Well first the TTC apologizes for shitting on their riders , now you idiots "apologize" for infecting your readers . What is next ? i am curious and not fuc kin amused.
fail blog
You got some respect to earn back blogto
Poor decision making, Blog To. It shows how you view your readers.
Coincidentally (or not) my laptop got a virus 2 weeks ago that required a reformatting.. Symatec didn't catch it in time.
I use a Mac, so was unaffected by whatever issue you were having (thankfully), but I think for non-Mac users you need to do more. The "Important Site Announcement" link is very easily missed. It should be at the top of the page or coloured red to draw attention to it.
You guys dropped the ball on this and, like Giambrone, don't seem to be doing your best to make things right with your constituency, some (many?) of whom seem to have been negatively impacted by your lack of appropriate security and action.
FWIW, your statement is incorrect in that anyone with a good antivirus program shouldn't have had a problem. I use a non-Microsoft, slightly more secure browser (Opera), and was running a completely up to date version of Norton Antivirus when infected by your site. I'd start by urging ALL folks who have visited BlogTO in the past few weeks particularly on PCs to get their computers properly scanned by at least two different malware/antivirus tools to be sure they're not infected.
If it was ad based AdBlock Plus + FireFox may have saved me. I recommend this combo to everyone. And it works on PCs, imagine that.

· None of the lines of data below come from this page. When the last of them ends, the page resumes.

-- ===== src/Home/Tests.antt =====
-- A rounding of percentages as the home page needs it: halves upwards.
use influence_platform.Prelude.{ℕ, ◌+◌, ◌*◌, ◌/◌, ◌^◌, ◌%◌, ◌≤◌, ◌<◌, ◌≡◌, arith}
use native.Mathlib.Nat.{div-add-mod, mod-lt, mul_assoc}
use influence_platform.Home.{Rounding}

abbrev round_percent : ℕ → ℕ → ℕ
round_percent part whole = (200 * part + whole) / (2 * whole)

near_quotient :
    (whole part q r : ℕ)
    → 2 * whole * q + r ≡ 200 * part + whole
    → r < 2 * whole
    → (2 * (whole * q) ≤ 200 * part + whole) × (200 * part ≤ 2 * (whole * q) + whole)
near_quotient whole part q r h k =
    (omega (arith, mul_assoc 2 whole q), omega (arith, mul_assoc 2 whole q))

round_percent_near :
    (part whole : ℕ)
    → part ≤ whole
    → 0 < whole
    → whole < 2 ^ 40
    → (2 * (whole * round_percent part whole) ≤ 200 * part + whole)
      × (200 * part ≤ 2 * (whole * round_percent part whole) + whole)
round_percent_near part whole h k l =
    near_quotient whole part ((200 * part + whole) / (2 * whole))
      ((200 * part + whole) % (2 * whole)) (div-add-mod (200 * part + whole) (2 * whole))
      (mod-lt (200 * part + whole) (omega arith))

abbrev rounding : Rounding
rounding = record { percent = round_percent; percent_near = round_percent_near }
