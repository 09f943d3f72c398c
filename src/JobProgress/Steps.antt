-- ===== src/JobProgress/Steps.antt =====
-- Which step of a job counts as the active one.
use influence_platform.Prelude.{
  ◌≡◌, ◌⊎◌, inl, inr, Bool, true, false, ◌&&◌, none, some, List, [], ◌∷◌, arith, Bool-cases,
  Option-cases, find, or_else, Any, All,
}
use influence_platform.Js.Text.{codes, ◌===◌}
use influence_platform.Js.Trim.{===_iff}
use influence_platform.JobProgress.{JobStepLike, JobProgressInput, active_step}

-- What `find` returns is a member that passes, and nothing found means that no member passes.
find-Any :
    (p : JobStepLike → Bool) (xs : List JobStepLike) (s : JobStepLike)
    → find p xs ≡ some s
    → Any (λ t. t ≡ s) xs × (p s ≡ true)
find-Any p [] s h = cc
find-Any p (x ∷ xs) s h = elim (Bool-cases (p x)) [
  | inl e ↦ let same : x ≡ s = ground arith in (inl same, rw same at e)
  | inr e ↦ let (m, q) = find-Any p xs s (ground arith) in (inr m, q)
]

find-none :
    (p : JobStepLike → Bool) (xs : List JobStepLike) → find p xs ≡ none → All (λ s. p s ≡ false) xs
find-none p [] h = tt
find-none p (x ∷ xs) h = elim (Bool-cases (p x)) [
  | inl e ↦ absurd (ground arith)
  | inr e ↦ (e, find-none p xs (ground arith))
]

module _ (job : JobProgressInput) where
  abbrev pub steps_of : List JobStepLike
  steps_of = or_else job.steps []

  abbrev pub NoneRunning : Type 0
  NoneRunning = All (λ s. s.status === codes "running" ≡ false) steps_of

-- The active step is a step of the job that is running, or else one that is pending while the job
-- runs and none of its steps does.
active_step_sound :
    (job : JobProgressInput) (s : JobStepLike)
    → active_step job ≡ some s
    → Any (λ t. t ≡ s) (steps_of job)
      × ((s.status ≡ codes "running")
          ⊎ ((s.status ≡ codes "pending") × (job.status ≡ codes "running") × NoneRunning job))
unfolding active_step
active_step_sound job s h =
    let running = λ (t : JobStepLike). t.status === codes "running" in
    let waiting =
      λ (t : JobStepLike). t.status === codes "pending" && job.status === codes "running" in
    let run = ===_iff s.status (codes "running") in
    let pend = ===_iff s.status (codes "pending") in
    let on = ===_iff job.status (codes "running") in
    elim (Option-cases (find running (steps_of job))) [
      | inl e ↦
          let (m, q) = find-Any waiting (steps_of job) s (rw e at h) in
          (m, inr (ground (arith, pend), ground (arith, on), find-none running (steps_of job) e))
      | inr (t, e) ↦
          let same : t ≡ s = ground arith in
          let (m, q) = find-Any running (steps_of job) s (rw same at e) in (m, inl (run.0 q))
    ]
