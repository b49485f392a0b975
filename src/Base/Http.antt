-- ===== src/Base/Http.antt =====
-- What a service raises: FastAPI's `HTTPException`, with the status code and the detail as data.
use Prim.Native.Nat.{ℕ}
use Prim.Native.String.{String}
use mathlib.Core.Path.{◌≡◌, refl}
use mathlib.Core.Logic.{◌⊎◌, inl, inr}
use mathlib.Core.Bool.{Bool, true, false}
use mathlib.Core.Option.{Option, none, some}

-- The text of a message, by the values that it shows (a deployment's status aside).
pub data Detail : Type 0 where
  asset_on_shipment : ℕ → ℕ → String → Detail
  asset_on_deployment : ℕ → ℕ → String → Detail
  deployment_planning : ℕ → String → Detail
  short_of_stock : ℕ → String → Option String → Option String → ℕ → Detail
  asset_not_found : ℕ → Detail
  shipment_not_found deployment_not_found item_not_found : Detail
  location_not_found : ℕ → Detail
  unknown_status : String → Detail
  no_assets closed_shipment cancelled_shipment : Detail
  closed_deployment not_in_planning empty_deployment shipment_not_linked : Detail
  cannot_start cannot_complete : Detail
  linked_elsewhere : ℕ → ℕ → Detail
  archived already_archived not_assigned nothing_to_assign unique_violated location_in_use : Detail

pub data HttpError : Type 0 where
  bad_request not_found conflict : Detail → HttpError

pub data Result {ℓ} (A : Type ℓ) : Type ℓ where
  ok : A → Result A
  err : HttpError → Result A

-- A check, or a query that may raise.
infixl 5 ◌>>=◌ ◌>>◌
abbrev pub ◌>>=◌ {ℓ κ} : {A : Type ℓ} {B : Type κ} → Result A → (A → Result B) → Result B
ok a >>= f = f a
err e >>= f = err e

abbrev pub ◌>>◌ {ℓ κ} : {A : Type ℓ} {B : Type κ} → Result A → Result B → Result B
m >> k = m >>= λ _. k

abbrev pub raise_if : Bool → HttpError → Result (Unit {0})
raise_if true e = err e
raise_if false e = ok tt

abbrev pub or_raise {ℓ} : {A : Type ℓ} → Option A → HttpError → Result A
or_raise none e = err e
or_raise (some a) e = ok a

pub Result-cases {ℓ} :
    {A : Type ℓ} (r : Result A) → ((a : A) × (r ≡ ok a)) ⊎ ((e : HttpError) × (r ≡ err e))
Result-cases (ok a) = inl (a, refl)
Result-cases (err e) = inr (e, refl)
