-- ===== src/Store/Session.antt =====
-- The session of one request (`get_db` of app/db.py). A service works on `work`; `db.commit()`
-- makes that the saved database. `get_db` closes the session when the handler has returned or
-- raised, and what was not committed is rolled back.
use feature_asset_inventory.Base.Http.{Result, ok, err}
use feature_asset_inventory.Store.{Store}

pub record Session : Type 0 where
  pub work : Store
  pub saved : Store

-- A service function: what it returns or raises, and the session that it leaves.
abbrev pub Action : Type 0 → Type 0
Action A = Session → Result A × Session

module _ {A : Type 0} where
  abbrev pub pure : A → Action A
  pure a s = (ok a, s)

  -- A check or a query over what the session sees; it may raise.
  abbrev pub query : (Store → Result A) → Action A
  query f s = (f s.work, s)

infixl 5 ◌>>=◌ ◌>>◌
abbrev pub ◌>>=◌ : {A B : Type 0} → Action A → (A → Action B) → Action B
◌>>=◌ m f s = let (r, s') = m s in elim r [ ok a ↦ f a s' | err e ↦ (err e, s') ]

abbrev pub ◌>>◌ : {A B : Type 0} → Action A → Action B → Action B
m >> k = m >>= λ _. k

-- A statement that the session sends, or writes at the next flush.
abbrev pub modify : (Store → Store) → Action (Unit {0})
modify f s = (ok tt, record s { work = f s.work })

abbrev pub commit : Action (Unit {0})
commit s = (ok tt, record s { saved = s.work })

-- `get_db` around a handler.
abbrev pub request : {A : Type 0} → Action A → Store → Result A × Store
request op db = let (r, s) = op (record { work = db; saved = db }) in (r, s.saved)

-- The database after a request.
abbrev pub after : {A : Type 0} → Action A → Store → Store
after op db = (request op db).1

-- What the handler returned or raised.
abbrev pub reply : {A : Type 0} → Action A → Store → Result A
reply op db = (request op db).0
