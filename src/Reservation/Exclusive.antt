-- ===== src/Reservation/Exclusive.antt =====
-- The reservation rule: an asset is held by at most one record at a time.
use feature_asset_inventory.Base.{ℕ, ◌≡◌, ◌⊎◌, inl, inr, ◌∙◌, sym, Bool, true}

-- `holds i a`: the record with key `i` reserves the asset `a`.
abbrev pub Exclusive : (ℕ → ℕ → Bool) → Type 0
Exclusive holds = (i j a : ℕ) → holds i a ≡ true → holds j a ≡ true → i ≡ j

module _ (old new : ℕ → ℕ → Bool) where
  -- Reservations that only go away keep the rule.
  pub Exclusive-shrink :
      ((i a : ℕ) → new i a ≡ true → old i a ≡ true) → Exclusive old → Exclusive new
  Exclusive-shrink less ex i j a hi hj = ex i j a (less i a hi) (less j a hj)

  -- One record may gain assets, if no other record holds them.
  pub Exclusive-grow :
      (k : ℕ) (gained : ℕ → Bool)
      → ((i a : ℕ) → new i a ≡ true → (old i a ≡ true) ⊎ ((i ≡ k) × (gained a ≡ true)))
      → ((j a : ℕ) → gained a ≡ true → old j a ≡ true → j ≡ k)
      → Exclusive old
      → Exclusive new
  Exclusive-grow k gained more free ex i j a hi hj = elim (more i a hi) [
    | inl oi ↦ elim (more j a hj) [ inl oj ↦ ex i j a oi oj | inr (ek, g) ↦ free i a g oi ∙ sym ek ]
    | inr (ei, g) ↦ elim (more j a hj) [
      | inl oj ↦ ei ∙ sym (free j a g oj)
      | inr (ek, _) ↦ ei ∙ sym ek
    ]
  ]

In the meanwhile, everyone reading this, and especially everyone who got infected with whatever it was more than once, should check for security updates to their browsers, Flash plugins, and PDF viewers. If those updates aren't forthcoming, ditch what you've got and switch to something that's properly maintained.
This is a good example of the fact that a site that's been clean for years can one day serve you up an exploit.
The details still belong up in the body of the article, though.
I wouldn't blame Adobe, a problem in the application should not be able to damage proper operating system.
And that MSE actually isn't bad, on top of being free and easily available:
http://en.wikipedia.org/wiki/Security_Essentials#Reviews
Thank you Tim for providing us with the malware info. If those were the exploits used is your team aware of what malware was delievered? In the "WHAT DID THE MALWARE LOOK LIKE" section you mention the symptoms of "most" of the malware, is there any more that could be more subtle and dangerous?
By differently they mean they'll handle it exactly the same as before. They'll keep the site up and not make mention of the virus and let countless number of viewers get infected with the virus until they triumphantly claim they beat the beast!
Considering I completely reinstalled Windows a few days ago thanks to having a virus causing crap on my computer, it's unlikely I am getting warnings because I haven't cleared my cache since the last time your site failed to protect its readers.